Work to complete: Write the listing out again verbatim, leaving nothing out.

Provided records:
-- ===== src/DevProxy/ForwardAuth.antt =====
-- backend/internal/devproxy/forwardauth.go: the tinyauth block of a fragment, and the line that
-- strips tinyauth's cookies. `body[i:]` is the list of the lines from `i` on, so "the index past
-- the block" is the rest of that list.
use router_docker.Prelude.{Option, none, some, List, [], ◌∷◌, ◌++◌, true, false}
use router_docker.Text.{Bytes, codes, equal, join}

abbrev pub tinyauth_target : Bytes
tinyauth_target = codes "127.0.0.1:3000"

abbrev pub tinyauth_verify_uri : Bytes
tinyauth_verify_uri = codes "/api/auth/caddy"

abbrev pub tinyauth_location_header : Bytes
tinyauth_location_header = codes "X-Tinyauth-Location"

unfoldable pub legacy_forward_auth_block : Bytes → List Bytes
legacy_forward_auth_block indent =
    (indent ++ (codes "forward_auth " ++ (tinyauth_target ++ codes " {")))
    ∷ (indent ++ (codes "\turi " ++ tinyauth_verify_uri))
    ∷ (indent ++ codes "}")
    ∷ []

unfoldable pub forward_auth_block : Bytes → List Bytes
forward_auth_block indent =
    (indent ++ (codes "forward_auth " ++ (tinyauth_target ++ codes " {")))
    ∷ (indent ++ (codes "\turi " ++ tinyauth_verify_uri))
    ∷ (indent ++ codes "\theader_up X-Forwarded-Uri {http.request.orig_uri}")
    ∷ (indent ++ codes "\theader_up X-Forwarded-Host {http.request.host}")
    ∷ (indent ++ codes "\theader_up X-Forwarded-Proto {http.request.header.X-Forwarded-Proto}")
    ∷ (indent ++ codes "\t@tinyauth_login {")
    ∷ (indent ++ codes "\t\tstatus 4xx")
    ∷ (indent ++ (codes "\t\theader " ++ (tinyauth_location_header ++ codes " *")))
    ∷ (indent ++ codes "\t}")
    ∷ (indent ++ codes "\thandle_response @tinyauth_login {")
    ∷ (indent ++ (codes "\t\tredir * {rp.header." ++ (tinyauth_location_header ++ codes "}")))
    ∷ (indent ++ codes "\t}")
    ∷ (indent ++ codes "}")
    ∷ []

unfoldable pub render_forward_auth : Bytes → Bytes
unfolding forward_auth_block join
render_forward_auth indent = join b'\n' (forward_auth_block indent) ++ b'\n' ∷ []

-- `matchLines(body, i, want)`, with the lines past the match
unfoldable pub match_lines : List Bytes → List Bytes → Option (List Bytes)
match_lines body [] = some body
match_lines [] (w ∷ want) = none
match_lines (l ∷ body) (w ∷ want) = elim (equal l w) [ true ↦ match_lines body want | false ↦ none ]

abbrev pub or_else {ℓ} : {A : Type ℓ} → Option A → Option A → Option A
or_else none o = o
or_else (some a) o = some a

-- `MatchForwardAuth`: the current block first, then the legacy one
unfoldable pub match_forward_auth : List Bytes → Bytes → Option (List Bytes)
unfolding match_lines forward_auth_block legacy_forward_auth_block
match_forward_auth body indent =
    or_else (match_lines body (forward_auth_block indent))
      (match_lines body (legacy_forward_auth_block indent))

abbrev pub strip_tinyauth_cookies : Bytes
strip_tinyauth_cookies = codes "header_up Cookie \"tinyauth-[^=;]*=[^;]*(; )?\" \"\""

Your solution:
-- ===== src/DevProxy/ForwardAuth.antt =====
-- backend/internal/devproxy/forwardauth.go: the tinyauth block of a fragment, and the line that
-- strips tinyauth's cookies. `body[i:]` is the list of the lines from `i` on, so "the index past
-- the block" is the rest of that list.
use router_docker.Prelude.{Option, none, some, List, [], ◌∷◌, ◌++◌, true, false}
use router_docker.Text.{Bytes, codes, equal, join}

abbrev pub tinyauth_target : Bytes
tinyauth_target = codes "127.0.0.1:3000"

abbrev pub tinyauth_verify_uri : Bytes
tinyauth_verify_uri = codes "/api/auth/caddy"

abbrev pub tinyauth_location_header : Bytes
tinyauth_location_header = codes "X-Tinyauth-Location"

unfoldable pub legacy_forward_auth_block : Bytes → List Bytes
legacy_forward_auth_block indent =
    (indent ++ (codes "forward_auth " ++ (tinyauth_target ++ codes " {")))
    ∷ (indent ++ (codes "\turi " ++ tinyauth_verify_uri))
    ∷ (indent ++ codes "}")
    ∷ []

unfoldable pub forward_auth_block : Bytes → List Bytes
forward_auth_block indent =
    (indent ++ (codes "forward_auth " ++ (tinyauth_target ++ codes " {")))
    ∷ (indent ++ (codes "\turi " ++ tinyauth_verify_uri))
    ∷ (indent ++ codes "\theader_up X-Forwarded-Uri {http.request.orig_uri}")
    ∷ (indent ++ codes "\theader_up X-Forwarded-Host {http.request.host}")
    ∷ (indent ++ codes "\theader_up X-Forwarded-Proto {http.request.header.X-Forwarded-Proto}")
    ∷ (indent ++ codes "\t@tinyauth_login {")
    ∷ (indent ++ codes "\t\tstatus 4xx")
    ∷ (indent ++ (codes "\t\theader " ++ (tinyauth_location_header ++ codes " *")))
    ∷ (indent ++ codes "\t}")
    ∷ (indent ++ codes "\thandle_response @tinyauth_login {")
    ∷ (indent ++ (codes "\t\tredir * {rp.header." ++ (tinyauth_location_header ++ codes "}")))
    ∷ (indent ++ codes "\t}")
    ∷ (indent ++ codes "}")
    ∷ []

unfoldable pub render_forward_auth : Bytes → Bytes
unfolding forward_auth_block join
render_forward_auth indent = join b'\n' (forward_auth_block indent) ++ b'\n' ∷ []

-- `matchLines(body, i, want)`, with the lines past the match
unfoldable pub match_lines : List Bytes → List Bytes → Option (List Bytes)
match_lines body [] = some body
match_lines [] (w ∷ want) = none
match_lines (l ∷ body) (w ∷ want) = elim (equal l w) [ true ↦ match_lines body want | false ↦ none ]

abbrev pub or_else {ℓ} : {A : Type ℓ} → Option A → Option A → Option A
or_else none o = o
or_else (some a) o = some a

-- `MatchForwardAuth`: the current block first, then the legacy one
unfoldable pub match_forward_auth : List Bytes → Bytes → Option (List Bytes)
unfolding match_lines forward_auth_block legacy_forward_auth_block
match_forward_auth body indent =
    or_else (match_lines body (forward_auth_block indent))
      (match_lines body (legacy_forward_auth_block indent))

abbrev pub strip_tinyauth_cookies : Bytes
strip_tinyauth_cookies = codes "header_up Cookie \"tinyauth-[^=;]*=[^;]*(; )?\" \"\""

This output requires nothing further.